→ PROMPT:
Among the lines of data below, reproduce only those from the one with "let (r, m1) = remove_impl key m0 in" through the one with "strlen [] m = refuse m", exactly as they stand, both ends included.

(Collected data entries)
:::

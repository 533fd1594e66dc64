-- ===== src/Service/Strings.antt =====
-- redis.cc: the requests on keys and strings: SET, DEL, MSET, GET, STRLEN, EXISTS, APPEND, the
-- counters, TYPE, EXPIRE, PEXPIRE, PERSIST, TTL and PTTL.
--
-- A request is the arguments that the parser completed it with, so `_args_count` is their number.
-- `parallel_for_each` starts the calls in the order of the keys, and a core serves the calls of
-- another in the order in which they came. `now` is the clock.
use Prim.Native.Nat.{bit_or}
use pedis.Base.{
  ℕ, suc, ◌+◌, ◌*◌, ◌%◌, Bool, true, false, Option, none, some, List, [], ◌∷◌, ◌==◌, ◌||◌, not,
  if◌then◌else◌, length,
}
use pedis.Base.Int.{ℤ, pos, negsuc}
use pedis.Base.Bytes.{Bytes}
use pedis.TimerSet.{TimerSet}
use pedis.Reply.{Message, Reply}
use pedis.Database.{say}
use pedis.Database.Strings
use pedis.Service.{try_on, Host, Shards, Served, invoke_on, serve_on, refuse, redis_key, cpu_of}

-- FLAG_SET_NO, FLAG_SET_EX and FLAG_SET_PX
abbrev pub flag_set_no : ℕ
flag_set_no = 1

abbrev pub flag_set_ex : ℕ
flag_set_ex = 2

abbrev pub flag_set_px : ℕ
flag_set_px = 4

-- An option of SET by its two letters; `bad` is one of another size.
pub data Kind : Type 0 where
  ex px nx xx unknown bad : Kind

abbrev pub letter : ℕ → ℕ → Bool
letter c o = o == c || o + 32 == c

unfoldable pub option_kind : Bytes → Kind
option_kind (a ∷ b ∷ []) =
    if not (letter b'x' b)
    then Kind.unknown
    else if letter b'e' a
    then Kind.ex
    else if letter b'p' a
    then Kind.px
    else if letter b'n' a
    then Kind.nx
    else if letter b'x' a
    then Kind.xx
    else Kind.unknown
option_kind _ = Kind.bad

-- `expir * 1000`
abbrev pub to_milliseconds : ℤ → ℤ
to_milliseconds (pos n) = pos (n * 1000)
to_milliseconds (negsuc n) = negsuc (n * 1000 + 999)

-- The loop over the options of SET; `none` is the syntax error.
module _ (H : Host) where
  unfoldable pub set_options : List Bytes → ℤ → ℕ → Option (ℤ × ℕ)
  set_options [] expir flag = some (expir, flag)
  set_options (o ∷ []) expir flag = elim (option_kind o) [
    | ex ↦ none
    | px ↦ none
    | nx ↦ some (expir, bit_or flag Strings.flag_set_nx)
    | xx ↦ some (expir, bit_or flag Strings.flag_set_xx)
    | unknown ↦ some (expir, flag)
    | bad ↦ none
  ]
  set_options (o ∷ v ∷ rest) expir flag = elim (option_kind o) [
    | ex ↦ set_options rest (to_milliseconds (H.atol v)) (bit_or flag flag_set_ex)
    | px ↦ set_options rest (H.atol v) (bit_or flag flag_set_px)
    | nx ↦ set_options (v ∷ rest) expir (bit_or flag Strings.flag_set_nx)
    | xx ↦ set_options (v ∷ rest) expir (bit_or flag Strings.flag_set_xx)
    | unknown ↦ set_options (v ∷ rest) expir flag
    | bad ↦ none
  ]

-- `std::pair` of the keys and values of MSET
unfoldable pub pairs : List Bytes → List (Bytes × Bytes)
pairs (k ∷ v ∷ rest) = (k, v) ∷ pairs rest
pairs _ = []

module _ {F S : Type 0} (H : Host) where
  -- `remove_impl`
  unfoldable pub remove_impl : Bytes → Shards F S → Bool × Shards F S
  remove_impl key = invoke_on (cpu_of H key) (Strings.del_direct (redis_key H key))

  -- `state.success_count` of DEL with several keys
  unfoldable pub remove_all : List Bytes → Shards F S → ℕ × Shards F S
  unfolding remove_impl
  remove_all [] m = (0, m)
  remove_all (key ∷ keys) m0 =
      let (r, m1) = remove_impl key m0 in
      let (n, m2) = remove_all keys m1 in (if r then suc n else n, m2)

  -- DEL
  unfoldable pub del : List Bytes → Shards F S → Served F S
  unfolding remove_impl remove_all
  del [] m = refuse m
  del (key ∷ []) m0 =
      let (r, m) = remove_impl key m0 in some (say (if r then Message.one else Message.zero), m)
  del keys m0 = let (n, m) = remove_all keys m0 in some (Reply.size n, m)

  -- `exists_impl`
  unfoldable pub exists_impl : Bytes → Shards F S → Bool × Shards F S
  exists_impl key = invoke_on (cpu_of H key) (Strings.exists_direct (redis_key H key))

  unfoldable pub exists_all : List Bytes → Shards F S → ℕ × Shards F S
  unfolding exists_impl
  exists_all [] m = (0, m)
  exists_all (key ∷ keys) m0 =
      let (r, m1) = exists_impl key m0 in
      let (n, m2) = exists_all keys m1 in (if r then suc n else n, m2)

  -- EXISTS
  unfoldable pub exists : List Bytes → Shards F S → Served F S
  unfolding exists_impl exists_all
  exists [] m = refuse m
  exists (key ∷ []) m0 =
      let (r, m) = exists_impl key m0 in some (say (if r then Message.one else Message.zero), m)
  exists keys m0 = let (n, m) = exists_all keys m0 in some (Reply.size n, m)

  -- GET
  unfoldable pub get : List Bytes → Shards F S → Served F S
  get [] m = refuse m
  get (key ∷ _) m = serve_on (cpu_of H key) (Strings.get (redis_key H key)) m

  -- STRLEN
  unfoldable pub strlen : List Bytes → Shards F S → Served F S
  strlen [] m = refuse m
  strlen (key ∷ _) m = serve_on (cpu_of H key) (Strings.strlen (redis_key H key)) m

  -- TYPE
  unfoldable pub type : List Bytes → Shards F S → Served F S
  type [] m = refuse m
  type (key ∷ _) m = serve_on (cpu_of H key) (Strings.type (redis_key H key)) m

  -- PTTL
  unfoldable pub pttl : ℤ → List Bytes → Shards F S → Served F S
  pttl now [] m = refuse m
  pttl now (key ∷ _) m = serve_on (cpu_of H key) (Strings.pttl now (redis_key H key)) m

  -- TTL
  unfoldable pub ttl : ℤ → List Bytes → Shards F S → Served F S
  ttl now [] m = refuse m
  ttl now (key ∷ _) m = serve_on (cpu_of H key) (Strings.ttl now (redis_key H key)) m

module _ {F S : Type 0} ⦃T : TimerSet S⦄ (H : Host) where
  -- SET
  unfoldable pub set : ℤ → List Bytes → Shards F S → Served F S
  set now (key ∷ val ∷ options) m = elim (set_options H options (pos 0) flag_set_no) [
    | none ↦ refuse m
    | some (expir, flag) ↦
        serve_on (cpu_of H key) (Strings.set now (redis_key H key) val expir flag) m
  ]
  set now _ m = refuse m

  -- `state.success_count` of MSET
  unfoldable pub set_all : ℤ → List (Bytes × Bytes) → Shards F S → ℕ × Shards F S
  set_all now [] m = (0, m)
  set_all now ((key, val) ∷ entries) m0 =
      let handler = Strings.set_direct now (redis_key H key) val (pos 0) flag_set_no in
      let (r, m1) = invoke_on (cpu_of H key) handler m0 in
      let (n, m2) = set_all now entries m1 in (if r then suc n else n, m2)

  -- MSET
  unfoldable pub mset : ℤ → List Bytes → Shards F S → Served F S
  unfolding set_all
  mset now (key ∷ val ∷ rest) m0 =
      let args = key ∷ val ∷ rest in
      let (n, m) = set_all now (pairs args) m0 in
      if not (length args % 2 == 0)
      then refuse m0
      else some (say (if length (pairs args) == n then Message.ok else Message.err), m)
  mset now _ m = refuse m

  -- APPEND
  unfoldable pub append : List Bytes → Shards F S → Served F S
  append (key ∷ val ∷ _) m = try_on (cpu_of H key) (Strings.append (redis_key H key) val) m
  append _ m = refuse m

  -- INCR, INCRBY, DECR and DECRBY
  unfoldable pub counter_by : Bool → Bool → List Bytes → Shards F S → Served F S
  counter_by incr false (key ∷ _) m =
      serve_on (cpu_of H key) (Strings.counter_by (redis_key H key) 1 incr) m
  counter_by incr true (key ∷ s ∷ _) m =
      serve_on (cpu_of H key)
        (Strings.counter_by (redis_key H key) (Strings.to_word (H.atol s)) incr) m
  counter_by incr with_step _ m = refuse m

  -- EXPIRE
  unfoldable pub expire : ℤ → List Bytes → Shards F S → Served F S
  expire now (key ∷ t ∷ _) m =
      try_on (cpu_of H key) (Strings.expire now (redis_key H key) (to_milliseconds (H.atol t))) m
  expire now _ m = refuse m

  -- PEXPIRE
  unfoldable pub pexpire : ℤ → List Bytes → Shards F S → Served F S
  pexpire now (key ∷ t ∷ _) m =
      try_on (cpu_of H key) (Strings.expire now (redis_key H key) (H.atol t)) m
  pexpire now _ m = refuse m

  -- PERSIST
  unfoldable pub persist : List Bytes → Shards F S → Served F S
  persist [] m = refuse m
  persist (key ∷ _) m = serve_on (cpu_of H key) (Strings.persist (redis_key H key)) m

:::

→ OUTPUT OF THE TASK:
      let (r, m1) = remove_impl key m0 in
      let (n, m2) = remove_all keys m1 in (if r then suc n else n, m2)

  -- DEL
  unfoldable pub del : List Bytes → Shards F S → Served F S
  unfolding remove_impl remove_all
  del [] m = refuse m
  del (key ∷ []) m0 =
      let (r, m) = remove_impl key m0 in some (say (if r then Message.one else Message.zero), m)
  del keys m0 = let (n, m) = remove_all keys m0 in some (Reply.size n, m)

  -- `exists_impl`
  unfoldable pub exists_impl : Bytes → Shards F S → Bool × Shards F S
  exists_impl key = invoke_on (cpu_of H key) (Strings.exists_direct (redis_key H key))

  unfoldable pub exists_all : List Bytes → Shards F S → ℕ × Shards F S
  unfolding exists_impl
  exists_all [] m = (0, m)
  exists_all (key ∷ keys) m0 =
      let (r, m1) = exists_impl key m0 in
      let (n, m2) = exists_all keys m1 in (if r then suc n else n, m2)

  -- EXISTS
  unfoldable pub exists : List Bytes → Shards F S → Served F S
  unfolding exists_impl exists_all
  exists [] m = refuse m
  exists (key ∷ []) m0 =
      let (r, m) = exists_impl key m0 in some (say (if r then Message.one else Message.zero), m)
  exists keys m0 = let (n, m) = exists_all keys m0 in some (Reply.size n, m)

  -- GET
  unfoldable pub get : List Bytes → Shards F S → Served F S
  get [] m = refuse m
  get (key ∷ _) m = serve_on (cpu_of H key) (Strings.get (redis_key H key)) m

  -- STRLEN
  unfoldable pub strlen : List Bytes → Shards F S → Served F S
  strlen [] m = refuse m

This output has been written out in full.